Copy out each line below that has the word "Maintains" in it.

=== Record excerpts ===
"""
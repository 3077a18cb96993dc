-- ===== src/Witnesses.antt =====
-- Concrete licences, ratings and flights, to which the theorems are applied below.
mod Easa
mod Engine
mod Pax
mod Faa
mod Service
mod Flight
mod Rules
mod Versions
use ninerlog_api.Base.{
  ◌+◌, ◌-◌, ◌≤◌, ◌≡◌, refl, ◌↔◌, ◌≢◌, ◌⊎◌, true, Option, none, some, List, [], ◌∷◌, arith, leb,
}
use ninerlog_api.Clock.{Instant, Day, midnight, sub_date}
use ninerlog_api.Models.{sep_land, mep_land, ir, ClassType, ClassRating, License}
use ninerlog_api.Models.Expiry.{days_until_expiry}
use ninerlog_api.Currency.Types.{current, Progress, no_progress, LaunchMethod}
use ninerlog_api.Currency.Provider.{LandingDay, FlightDataProvider}
use ninerlog_api.Currency.Engine.{
  RatingRuntime, RatingRule, fetch_progress, last_proficiency_check, start_runtime, since_rolling,
  eval_rating_rule_at, recency_finalize,
}
use ninerlog_api.Currency.Types.{Status}
use ninerlog_api.Currency.Engine.{
  add_progress, base_result, Metric, metric_val, m_total_minutes, m_pic_minutes, m_ifr_minutes,
  m_instructor_minutes, m_landings, m_night_landings, m_flights, m_approaches, m_holds,
  m_pic_or_dual_minutes, m_launches, m_training_flights, m_longest_training_flight,
}
use ninerlog_api.Currency.Easa.Windows.{result_of, ReportsNoWindow, open_window_lost}
use ninerlog_api.Currency.Easa.Revalidation.{apply_closed_window}
use ninerlog_api.Currency.Easa.Recency.{easa_lapl_rule}
use ninerlog_api.Currency.Pax.{pax_lapse_date}
use ninerlog_api.Currency.Pax.Lapse.{
  LapseAnswers, days_until, pax_met_at-IsMonotone, pax_lapse_date-LapseAnswers,
}
use ninerlog_api.Currency.Lapse.Rounds.{Answers, last_current_day-Answers}
use ninerlog_api.Currency.Lapse.{
  last_current_offset, last_current_day, lapse_search_floor, max_lapse_search_rounds,
}
use ninerlog_api.Base.{false, ◌<◌, ◌*◌}
use ninerlog_api.Clock.{day_ns}
use ninerlog_api.Models.{glider}
use ninerlog_api.Models.Expiry.{is_expired_at}
use ninerlog_api.Currency.Types.{expiring, expired}
use ninerlog_api.Base.{if◌then◌else◌}
use ninerlog_api.Currency.Engine.{is_rolling}
use ninerlog_api.Currency.Evaluate.{window_span, recency_lapse_date, eval_rating_rule_with_peers}
use ninerlog_api.Currency.Evaluate.Dates.{
  IsLastCurrent, status_at, recency_expires_on-IsLastCurrent,
}
use ninerlog_api.Base.{ℕ, ◌==◌}
use ninerlog_api.Base.Text.{codes}
use ninerlog_api.Currency.Service.{
  Evaluation, default_registry, start, holds_part_fcl_tmg, eval_licenses, evaluate_all,
}
use ninerlog_api.Currency.Service.Loops.{all_results, evaluate_all-all_results}
use ninerlog_api.Currency.Service.Passengers.{OncePerKey, evaluate_all-OncePerKey}
use ninerlog_api.Currency.Faa.{faa_passenger_rating_rule, faa_instrument_rule, faa_glider_rule}
use ninerlog_api.Currency.Faa.Decisions.{
  Splits, InstrumentExperience, faa_status, faa_glider-Splits, faa_instrument-Splits,
}
use ninerlog_api.Currency.FlightReview.{
  review_expires_on, evaluate_flight_review, faa_flight_review_status_lem,
}
use ninerlog_api.Currency.Pax.{pax_totals}
use ninerlog_api.Currency.Pax.Easa.{
  easa_night_privilege, has_valid_ir_rating, gpl_shortfall, has_night_privilege,
}
use ninerlog_api.Currency.Pax.Statuses.{DaySays, NightSays, easa_pax, easa_pax_lem}
use ninerlog_api.Currency.Pax.FaaStatuses.{faa_pax}
use ninerlog_api.Currency.Lapse.Forward.{OffsetAnswers, last_current_offset-OffsetAnswers}
use ninerlog_api.Currency.Pax.{all_landings, pax_met_at, pax_expiry_date}
use ninerlog_api.Currency.Pax.Expiry.{pax_expiry_date-pax_met_at}
use ninerlog_api.Currency.Easa.Revalidation.{easa_sep_tmg_rule, easa_mep_set_rule, easa_ir_rule}
use ninerlog_api.Currency.Easa.Decisions.{
  Decides, SepTmgExperience, sep_tmg-Decides, mep_set-Decides, ir-Decides,
}

-- 2026-01-15
abbrev pub today : Day
today = 739630

abbrev pub pilot : License
pilot = record {
  id = 1;
  user_id = 7;
  regulatory_authority = [];
  license_type = [];
  issue_date = midnight 735000;
}

abbrev pub rated : ClassType → ClassRating
rated ct = record {
  id = 1;
  license_id = 1;
  class_type = ct;
  ul_kind = none;
  issue_date = midnight 735000;
  expiry_date = some (midnight (today + 200));
}

abbrev pub flown : Progress
flown = record no_progress {
  total_minutes = 900;
  pic_minutes = 500;
  ifr_minutes = 700;
  instructor_minutes = 90;
  landings = 20;
  flights = 15;
}

abbrev pub flown_more : Progress
flown_more = record flown { landings = 30 }

abbrev pub landed : List LandingDay
landed =
    record { date = midnight (today - 5); day_landings = 2; night_landings = 0 }
    ∷ record { date = midnight (today - 40); day_landings = 1; night_landings = 1 }
    ∷ []

-- A provider that returns the same flights whatever the window is.
abbrev pub logbook : Progress → FlightDataProvider
logbook p = record {
  get_progress_by_aircraft_class = λ user classes towed since. some p;
  get_progress_all = λ user since. some p;
  get_last_flight_review = λ user. some (some (midnight (today - 100)));
  get_last_proficiency_check = λ user classes since. some (some (midnight (today - 30)));
  get_launch_counts = λ user ct since. some (λ (m : LaunchMethod). 0);
  get_landing_days_by_aircraft_class = λ user ct towed pic since. some landed;
  get_progress_by_ul_kind = λ user sel towed since. some no_progress;
  get_last_proficiency_check_by_ul_kind = λ user sel since. some none;
  get_landing_days_by_ul_kind = λ user sel pic since. some [];
}

abbrev pub expiry : Instant
expiry = midnight (today + 200)
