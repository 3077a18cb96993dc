-- ===== src/Witnesses/Easa.antt =====
-- The theorems on the EASA revalidation rules, applied to concrete data.
use ninerlog_api.Base.{◌-◌, ◌≤◌, ◌≡◌, refl, ◌≢◌, ◌⊎◌, true, Option, none, some, [], arith}
use ninerlog_api.Clock.{midnight, sub_date}
use ninerlog_api.Models.{sep_land, mep_land, ir, ClassType}
use ninerlog_api.Models.Expiry.{days_until_expiry}
use ninerlog_api.Currency.Engine.{RatingRule, fetch_progress, start_runtime, eval_rating_rule_at}
use ninerlog_api.Currency.Types.{Status}
use ninerlog_api.Currency.Engine.{add_progress, base_result}
use ninerlog_api.Currency.Easa.Windows.{result_of, ReportsNoWindow, open_window_lost}
use ninerlog_api.Currency.Easa.Revalidation.{apply_closed_window}
use ninerlog_api.Currency.Easa.Revalidation.{easa_sep_tmg_rule, easa_mep_set_rule, easa_ir_rule}
use ninerlog_api.Currency.Easa.Decisions.{
  Decides, SepTmgExperience, sep_tmg-Decides, mep_set-Decides, ir-Decides,
}
use ninerlog_api.Witnesses.{today, pilot, rated, flown, logbook, expiry}

abbrev rule_result : RatingRule → ClassType → Option Status
rule_result rule ct =
    (eval_rating_rule_at (midnight today) rule (rated ct) pilot [] (logbook flown)
      (midnight today)).status

sep_tmg-Decides_example :
    Decides
      (days_until_expiry expiry (midnight today))
      (rule_result easa_sep_tmg_rule sep_land)
      (SepTmgExperience flown)
unfolding fetch_progress start_runtime sub_date easa_sep_tmg_rule add_progress
sep_tmg-Decides_example =
    sep_tmg-Decides (midnight today) (rated sep_land) pilot [] (logbook flown) (midnight today)
      expiry flown (record { dated = refl; open_window = omega arith; fetched = refl })

mep_set-Decides_example :
    Decides
      (days_until_expiry expiry (midnight today))
      (rule_result easa_mep_set_rule mep_land)
      (((10 ≤ 15) × (60 ≤ 90)) ⊎ (some (midnight (today - 30)) ≢ none))
unfolding fetch_progress start_runtime sub_date easa_mep_set_rule add_progress
mep_set-Decides_example =
    mep_set-Decides (midnight today) (rated mep_land) pilot [] (logbook flown) (midnight today)
      expiry flown (record { dated = refl; open_window = omega arith; fetched = refl })

ir-Decides_example :
    Decides
      (days_until_expiry expiry (midnight today))
      (rule_result easa_ir_rule ir)
      ((600 ≤ 700) × (some (midnight (today - 30)) ≢ none))
unfolding fetch_progress start_runtime sub_date easa_ir_rule add_progress
ir-Decides_example =
    ir-Decides (midnight today) (rated ir) pilot [] (logbook flown) (midnight today) expiry flown
      (record { dated = refl; open_window = omega arith; fetched = refl })

open_window_lost_example :
    ReportsNoWindow (
      result_of
        (midnight today)
        (rated sep_land)
        pilot
        []
        (logbook flown)
        (midnight today)
        expiry
        easa_sep_tmg_rule)
    × ReportsNoWindow (
        result_of
          (midnight today)
          (rated sep_land)
          pilot
          []
          (logbook flown)
          (midnight today)
          expiry
          easa_mep_set_rule)
    × ReportsNoWindow (
        result_of
          (midnight today)
          (rated sep_land)
          pilot
          []
          (logbook flown)
          (midnight today)
          expiry
          easa_ir_rule)
    × ((apply_closed_window
          (sub_date expiry 1 0 0)
          (midnight today)
          (base_result easa_ir_rule.spec (rated ir) pilot [] none)).0.window_open
        ≡ true)
unfolding sub_date
open_window_lost_example =
    open_window_lost (midnight today) (rated sep_land) pilot [] (logbook flown) (midnight today)
      expiry refl (omega arith) (base_result easa_ir_rule.spec (rated ir) pilot [] none)
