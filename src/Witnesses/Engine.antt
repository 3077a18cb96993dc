-- ===== src/Witnesses/Engine.antt =====
-- The theorems on the engine (engine.go), applied to concrete data.
use ninerlog_api.Base.{◌+◌, ◌-◌, ◌≤◌, ◌≡◌, refl, none, some, [], arith, leb}
use ninerlog_api.Clock.{midnight}
use ninerlog_api.Currency.Types.{current, no_progress}
use ninerlog_api.Currency.Provider.{FlightDataProvider}
use ninerlog_api.Currency.Engine.{
  fetch_progress, last_proficiency_check, start_runtime, since_rolling, eval_rating_rule_at,
  recency_finalize,
}
use ninerlog_api.Currency.Engine.Recency.{IsRecency}
use ninerlog_api.Currency.Recency.{
  gpl, rule_of, Maintains, eval_rating_rule_at-IsRecency, eval_rating_rule_at_mono,
}
use ninerlog_api.Currency.Engine.{
  add_progress, Metric, metric_val, m_total_minutes, m_pic_minutes, m_ifr_minutes,
  m_instructor_minutes, m_landings, m_night_landings, m_flights, m_approaches, m_holds,
  m_pic_or_dual_minutes, m_launches, m_training_flights, m_longest_training_flight,
}
use ninerlog_api.Currency.Easa.Recency.{easa_gpl_rule}
use ninerlog_api.Currency.Lapse.{last_current_offset}
use ninerlog_api.Base.{false}
use ninerlog_api.Models.{glider, gyro}
use ninerlog_api.Base.{if◌then◌else◌}
use ninerlog_api.Currency.Engine.{is_rolling}
use ninerlog_api.Currency.Evaluate.{window_span, recency_lapse_date, eval_rating_rule_with_peers}
use ninerlog_api.Currency.Evaluate.Dates.{
  IsLastCurrent, status_at, recency_expires_on-IsLastCurrent,
}
use ninerlog_api.Currency.Faa.{faa_glider_rule}
use ninerlog_api.Currency.Lapse.Forward.{OffsetAnswers, last_current_offset-OffsetAnswers}
use ninerlog_api.Witnesses.{today, pilot, rated, flown, flown_more, logbook}

eval_rating_rule_at-IsRecency_example :
    IsRecency
      (eval_rating_rule_at
        (midnight today)
        (rule_of gpl)
        (rated gyro)
        pilot
        []
        (logbook flown)
        (midnight today)).status
      (Maintains gpl flown (some (midnight (today - 30))))
unfolding fetch_progress last_proficiency_check start_runtime easa_gpl_rule add_progress
    since_rolling
eval_rating_rule_at-IsRecency_example =
    eval_rating_rule_at-IsRecency (midnight today) gpl (rated gyro) pilot [] (logbook flown)
      (midnight today) flown (some (midnight (today - 30))) refl (λ h. refl)

flown_less : (m : Metric) → metric_val flown m ≤ metric_val flown_more m
unfolding metric_val
flown_less m_total_minutes = omega arith
flown_less m_pic_minutes = omega arith
flown_less m_ifr_minutes = omega arith
flown_less m_instructor_minutes = omega arith
flown_less m_landings = omega arith
flown_less m_night_landings = omega arith
flown_less m_flights = omega arith
flown_less m_approaches = omega arith
flown_less m_holds = omega arith
flown_less m_pic_or_dual_minutes = omega arith
flown_less m_launches = omega arith
flown_less m_training_flights = omega arith
flown_less m_longest_training_flight = omega arith

eval_rating_rule_at_mono_example :
    (eval_rating_rule_at
      (midnight (today + 3))
      (rule_of gpl)
      (rated gyro)
      pilot
      []
      (logbook flown_more)
      (midnight (today + 3))).status
    ≡ some current
unfolding fetch_progress last_proficiency_check start_runtime easa_gpl_rule add_progress
    since_rolling recency_finalize eval_rating_rule_at
eval_rating_rule_at_mono_example =
    eval_rating_rule_at_mono (midnight today) (midnight (today + 3)) gpl (rated gyro) pilot []
      (logbook flown) (logbook flown_more) (midnight today) (midnight (today + 3)) flown flown_more
      (some (midnight (today - 30))) (some (midnight (today - 30))) refl (λ h. refl) refl
      (λ h. refl) (record { every_metric = flown_less }) (λ h. h) refl

last_current_offset-OffsetAnswers_example : OffsetAnswers (λ n. leb n 12) 90 (some 12)
unfolding last_current_offset
last_current_offset-OffsetAnswers_example = last_current_offset-OffsetAnswers (λ n. leb n 12) 90

-- Flights that are all 90 days old in 40 days: current until then.
abbrev fading : FlightDataProvider
fading = record (logbook flown) {
  get_progress_by_aircraft_class = λ user classes towed since.
      if leb since (midnight (today - 50)) then some flown else some no_progress;
}

recency_expires_on-IsLastCurrent_example :
    IsLastCurrent
      (status_at (midnight today) faa_glider_rule (rated glider) pilot [] fading)
      today
      (window_span faa_glider_rule.spec.window today)
      (today + 40)
unfolding faa_glider_rule eval_rating_rule_with_peers eval_rating_rule_at start_runtime
    fetch_progress add_progress since_rolling recency_lapse_date last_current_offset is_rolling
recency_expires_on-IsLastCurrent_example =
    recency_expires_on-IsLastCurrent (midnight today) faa_glider_rule (rated glider) pilot [] fading
      false none (today + 40) refl refl refl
"""
=== Finished exercise ===
  gpl, rule_of, Maintains, eval_rating_rule_at-IsRecency, eval_rating_rule_at_mono,
      (Maintains gpl flown (some (midnight (today - 30))))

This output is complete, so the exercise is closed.